** Opening Records provided block **

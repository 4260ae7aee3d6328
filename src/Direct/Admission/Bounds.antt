-- ===== src/Direct/Admission/Bounds.antt =====
-- What a new admission has been checked for when it reaches the store.
use dorf.Base.{ℕ, ◌≤◌, ◌≡◌, ◌≢◌, inl, inr, Bool, true, false, [], Text, ==_iff, length, arith}
use dorf.Base.Results.{ok, Result-cases}
use dorf.Std.Strings.{trim_space}
use dorf.Core.Admission.{SessionAdmission, has_zero}
use dorf.Store.Db.{Db}
use dorf.Store.Admission.{is_effort}
use dorf.Direct.Admission.{
  AdmissionRequest, AdmissionProvider, invalid_admission_text, normalized,
  normalize_admission_request, select_verified, resolve_model, complete,
}

abbrev pub IsText : ℕ → Text → Type 0
IsText limit t = (length t ≤ limit) × (has_zero t ≡ false)

text-IsText :
    (t : Text) (limit : ℕ) (required : Bool)
    → invalid_admission_text t limit required ≡ false
    → IsText limit t
unfolding invalid_admission_text
text-IsText t limit required h = ground (arith)

required-ne :
    (t : Text) (limit : ℕ) → invalid_admission_text t limit true ≡ false → trim_space t ≢ []
unfolding invalid_admission_text
required-ne t limit h = ground (arith, ==_iff (trim_space t) [])

normalize-ok :
    (r : AdmissionRequest) (a : SessionAdmission)
    → normalize_admission_request r ≡ ok a
    → (a ≡ normalized r)
      × IsText 0x100000 a.agents_md
      × IsText 1024 a.model
      × IsText 255 a.sandbox_profile
      × IsText 255 a.provider_connection
      × (is_effort a.reasoning_effort ≡ true)
unfolding normalize_admission_request
normalize-ok r a h =
    let n = normalized r in
    ground (
      arith,
      text-IsText n.agents_md 0x100000 false,
      text-IsText n.model 1024 false,
      text-IsText n.sandbox_profile 255 false,
      text-IsText n.provider_connection 255 false,
    )

-- The admission that the service hands to the store for a new Session has the request's key, agent
-- instructions of at most 2^20 bytes, a model of at most 1024 bytes that is not blank, neither with
-- a zero byte, and one of the four efforts.
pub complete-bounds :
    (provider : AdmissionProvider) (db : Db) (r : AdmissionRequest) (a : SessionAdmission)
    → complete provider db r ≡ ok a
    → (a.admission_key ≡ r.admission_key)
      × IsText 0x100000 a.agents_md
      × IsText 1024 a.model
      × (trim_space a.model ≢ [])
      × (is_effort a.reasoning_effort ≡ true)
unfolding complete
complete-bounds provider db r a h = elim (Result-cases (normalize_admission_request r)) [
  | inr (e, bad) ↦ absurd (ground (arith))
  | inl (n, good) ↦
      let (same, agents, m, p, c, effort) = normalize-ok r n good in
      elim (Result-cases (select_verified db n.sandbox_profile)) [
        | inr (e, bad) ↦ absurd (ground (arith))
        | inl (p, chosen) ↦
            elim (Result-cases (resolve_model provider n.provider_connection n.model)) [
              | inr (e, bad) ↦ absurd (ground (arith))
              | inl (pair, resolved) ↦ ground (
                arith,
                text-IsText (trim_space pair.1) 1024 true,
                required-ne (trim_space pair.1) 1024,
              )
            ]
      ]
]
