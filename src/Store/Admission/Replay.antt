-- ===== src/Store/Admission/Replay.antt =====
-- A Session is admitted once under its key: asked again, by any client and in any state of its task,
-- the same admission meets the same Session, and another one is refused.
use dorf.Base.{
  ◌≡◌, ◌↔◌, ℕ, inl, inr, true, false, not, ◌||◌, none, some, [], ◌∷◌, Text, ◌==◌, ==_iff, is_some,
  if◌then◌else◌, arith, Bool-cases,
}
use dorf.Base.Results.{ok, err, admission_conflict}
use dorf.Core.Domain.{main_sandbox_name}
use dorf.Core.Admission.{SessionAdmission}
use dorf.Store.Table.{Table, get, put}
use dorf.Store.Tasks.{latest_task, task_id_of, schedule_session_task}
use dorf.Store.Sandboxes.{find_sandbox, find_session, session_of}
use dorf.Store.Db.{SessionRow, Db, Absurd}
use dorf.Store.Admission.{
  session_by_key, admitted_row, same_admission, is_reserved, reserve_admitted_sandbox,
  insert_or_find, settle_admission, admit_session,
}

pub session_by_key-put :
    (key id : Text) (r : SessionRow) (t : Table SessionRow)
    → get id t ≡ none
    → session_by_key key t ≡ none
    → (r.admission_key == key) ≡ true
    → session_by_key key (put id r t) ≡ some (id, r)
unfolding session_by_key get put
session_by_key-put key id r [] n m h = ground (arith)
session_by_key-put key id r ((j, w) ∷ t) n m h = elim (Bool-cases (w.admission_key == key)) [
  | inl hit ↦ absurd (ground (arith))
  | inr miss ↦ ground (arith, session_by_key-put key id r t)
]

-- Everything but the client that created it.
abbrev pub anonymous : SessionAdmission → SessionAdmission
anonymous a = record a { created_by_client_id = [] }

pub same_admission-eq :
    (a b : SessionAdmission) (revision : Text) (now : ℕ)
    → (same_admission (admitted_row a revision now) b ≡ true) ↔ (anonymous a ≡ anonymous b)
same_admission-eq a b revision now = ground (
  arith,
  ==_iff a.client_reference b.client_reference,
  ==_iff a.admission_key b.admission_key,
  ==_iff a.agents_md b.agents_md,
  ==_iff a.sandbox_profile b.sandbox_profile,
  ==_iff a.provider_connection b.provider_connection,
  ==_iff a.model b.model,
  ==_iff a.reasoning_effort b.reasoning_effort,
)

-- A Session under its key whose Sandbox is reserved and whose task is attached, or that is closed.
pub record IsAdmitted (db : Db) (key id : Text) (r : SessionRow) : Type 0 where
  pub keyed : session_by_key key db.sessions ≡ some (id, r)
  pub stored : get id db.sessions ≡ some r
  pub listed : is_some (get (main_sandbox_name id) db.sandboxes) ≡ true
  pub reserved :
      (elim (find_sandbox db (main_sandbox_name id)) [
        | none ↦ false
        | some s ↦ is_reserved id (main_sandbox_name id) s
      ])
      ≡ true
  pub attached :
      (not (task_id_of (latest_task id db.session_tasks) == []) || not r.admission_open) ≡ true

module _ (service : Absurd) (db : Db) (key id : Text) (r : SessionRow)
    (i : IsAdmitted db key id r) where
  replay_settles :
      (nonce : Text)
      → settle_admission service id (ok nonce) 0 db ≡ ok ((session_of db id r, false), db)
  unfolding settle_admission reserve_admitted_sandbox schedule_session_task find_session
  replay_settles nonce = ground (arith, i.stored, i.listed, i.reserved, i.attached)

  -- Asked again, the same admission returns the Session and changes nothing, and another one is
  -- refused.
  pub admit-IsAdmitted :
      (b : SessionAdmission) (nonce : Text)
      → b.admission_key ≡ key
      → admit_session service b (ok nonce) db ≡ (
          if same_admission r b
          then ok ((session_of db id r, false), db)
          else err admission_conflict)
  unfolding admit_session insert_or_find
  admit-IsAdmitted b nonce e = rw e (ground (arith, i.keyed, replay_settles nonce))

** Closing Records provided block **

What the task requires =>
Repeat all the records. Match each line exactly.

Response for this exercise =>
repository 4260ae7aee3d6328
filename src/Direct/Admission/Bounds.antt
-- ===== src/Direct/Admission/Bounds.antt =====
-- What a new admission has been checked for when it reaches the store.
use dorf.Base.{ℕ, ◌≤◌, ◌≡◌, ◌≢◌, inl, inr, Bool, true, false, [], Text, ==_iff, length, arith}
use dorf.Base.Results.{ok, Result-cases}
use dorf.Std.Strings.{trim_space}
use dorf.Core.Admission.{SessionAdmission, has_zero}
use dorf.Store.Db.{Db}
use dorf.Store.Admission.{is_effort}
use dorf.Direct.Admission.{
  AdmissionRequest, AdmissionProvider, invalid_admission_text, normalized,
  normalize_admission_request, select_verified, resolve_model, complete,
}

abbrev pub IsText : ℕ → Text → Type 0
IsText limit t = (length t ≤ limit) × (has_zero t ≡ false)

text-IsText :
    (t : Text) (limit : ℕ) (required : Bool)
    → invalid_admission_text t limit required ≡ false
    → IsText limit t
unfolding invalid_admission_text
text-IsText t limit required h = ground (arith)

required-ne :
    (t : Text) (limit : ℕ) → invalid_admission_text t limit true ≡ false → trim_space t ≢ []
unfolding invalid_admission_text
required-ne t limit h = ground (arith, ==_iff (trim_space t) [])

normalize-ok :
    (r : AdmissionRequest) (a : SessionAdmission)
    → normalize_admission_request r ≡ ok a
    → (a ≡ normalized r)
      × IsText 0x100000 a.agents_md
      × IsText 1024 a.model
      × IsText 255 a.sandbox_profile
      × IsText 255 a.provider_connection
      × (is_effort a.reasoning_effort ≡ true)
unfolding normalize_admission_request
normalize-ok r a h =
    let n = normalized r in
    ground (
      arith,
      text-IsText n.agents_md 0x100000 false,
      text-IsText n.model 1024 false,
      text-IsText n.sandbox_profile 255 false,
      text-IsText n.provider_connection 255 false,
    )

-- The admission that the service hands to the store for a new Session has the request's key, agent
-- instructions of at most 2^20 bytes, a model of at most 1024 bytes that is not blank, neither with
-- a zero byte, and one of the four efforts.
pub complete-bounds :
    (provider : AdmissionProvider) (db : Db) (r : AdmissionRequest) (a : SessionAdmission)
    → complete provider db r ≡ ok a
    → (a.admission_key ≡ r.admission_key)
      × IsText 0x100000 a.agents_md
      × IsText 1024 a.model
      × (trim_space a.model ≢ [])
      × (is_effort a.reasoning_effort ≡ true)
unfolding complete
complete-bounds provider db r a h = elim (Result-cases (normalize_admission_request r)) [
  | inr (e, bad) ↦ absurd (ground (arith))
  | inl (n, good) ↦
      let (same, agents, m, p, c, effort) = normalize-ok r n good in
      elim (Result-cases (select_verified db n.sandbox_profile)) [
        | inr (e, bad) ↦ absurd (ground (arith))
        | inl (p, chosen) ↦
            elim (Result-cases (resolve_model provider n.provider_connection n.model)) [
              | inr (e, bad) ↦ absurd (ground (arith))
              | inl (pair, resolved) ↦ ground (
                arith,
                text-IsText (trim_space pair.1) 1024 true,
                required-ne (trim_space pair.1) 1024,
              )
            ]
      ]
]
filename src/Store/Admission/Replay.antt
-- ===== src/Store/Admission/Replay.antt =====
-- A Session is admitted once under its key: asked again, by any client and in any state of its task,
-- the same admission meets the same Session, and another one is refused.
use dorf.Base.{
  ◌≡◌, ◌↔◌, ℕ, inl, inr, true, false, not, ◌||◌, none, some, [], ◌∷◌, Text, ◌==◌, ==_iff, is_some,
  if◌then◌else◌, arith, Bool-cases,
}
use dorf.Base.Results.{ok, err, admission_conflict}
use dorf.Core.Domain.{main_sandbox_name}
use dorf.Core.Admission.{SessionAdmission}
use dorf.Store.Table.{Table, get, put}
use dorf.Store.Tasks.{latest_task, task_id_of, schedule_session_task}
use dorf.Store.Sandboxes.{find_sandbox, find_session, session_of}
use dorf.Store.Db.{SessionRow, Db, Absurd}
use dorf.Store.Admission.{
  session_by_key, admitted_row, same_admission, is_reserved, reserve_admitted_sandbox,
  insert_or_find, settle_admission, admit_session,
}

pub session_by_key-put :
    (key id : Text) (r : SessionRow) (t : Table SessionRow)
    → get id t ≡ none
    → session_by_key key t ≡ none
    → (r.admission_key == key) ≡ true
    → session_by_key key (put id r t) ≡ some (id, r)
unfolding session_by_key get put
session_by_key-put key id r [] n m h = ground (arith)
session_by_key-put key id r ((j, w) ∷ t) n m h = elim (Bool-cases (w.admission_key == key)) [
  | inl hit ↦ absurd (ground (arith))
  | inr miss ↦ ground (arith, session_by_key-put key id r t)
]

-- Everything but the client that created it.
abbrev pub anonymous : SessionAdmission → SessionAdmission
anonymous a = record a { created_by_client_id = [] }

pub same_admission-eq :
    (a b : SessionAdmission) (revision : Text) (now : ℕ)
    → (same_admission (admitted_row a revision now) b ≡ true) ↔ (anonymous a ≡ anonymous b)
same_admission-eq a b revision now = ground (
  arith,
  ==_iff a.client_reference b.client_reference,
  ==_iff a.admission_key b.admission_key,
  ==_iff a.agents_md b.agents_md,
  ==_iff a.sandbox_profile b.sandbox_profile,
  ==_iff a.provider_connection b.provider_connection,
  ==_iff a.model b.model,
  ==_iff a.reasoning_effort b.reasoning_effort,
)

-- A Session under its key whose Sandbox is reserved and whose task is attached, or that is closed.
pub record IsAdmitted (db : Db) (key id : Text) (r : SessionRow) : Type 0 where
  pub keyed : session_by_key key db.sessions ≡ some (id, r)
  pub stored : get id db.sessions ≡ some r
  pub listed : is_some (get (main_sandbox_name id) db.sandboxes) ≡ true
  pub reserved :
      (elim (find_sandbox db (main_sandbox_name id)) [
        | none ↦ false
        | some s ↦ is_reserved id (main_sandbox_name id) s
      ])
      ≡ true
  pub attached :
      (not (task_id_of (latest_task id db.session_tasks) == []) || not r.admission_open) ≡ true

module _ (service : Absurd) (db : Db) (key id : Text) (r : SessionRow)
    (i : IsAdmitted db key id r) where
  replay_settles :
      (nonce : Text)
      → settle_admission service id (ok nonce) 0 db ≡ ok ((session_of db id r, false), db)
  unfolding settle_admission reserve_admitted_sandbox schedule_session_task find_session
  replay_settles nonce = ground (arith, i.stored, i.listed, i.reserved, i.attached)

  -- Asked again, the same admission returns the Session and changes nothing, and another one is
  -- refused.
  pub admit-IsAdmitted :
      (b : SessionAdmission) (nonce : Text)
      → b.admission_key ≡ key
      → admit_session service b (ok nonce) db ≡ (
          if same_admission r b
          then ok ((session_of db id r, false), db)
          else err admission_conflict)
  unfolding admit_session insert_or_find
  admit-IsAdmitted b nonce e = rw e (ground (arith, i.keyed, replay_settles nonce))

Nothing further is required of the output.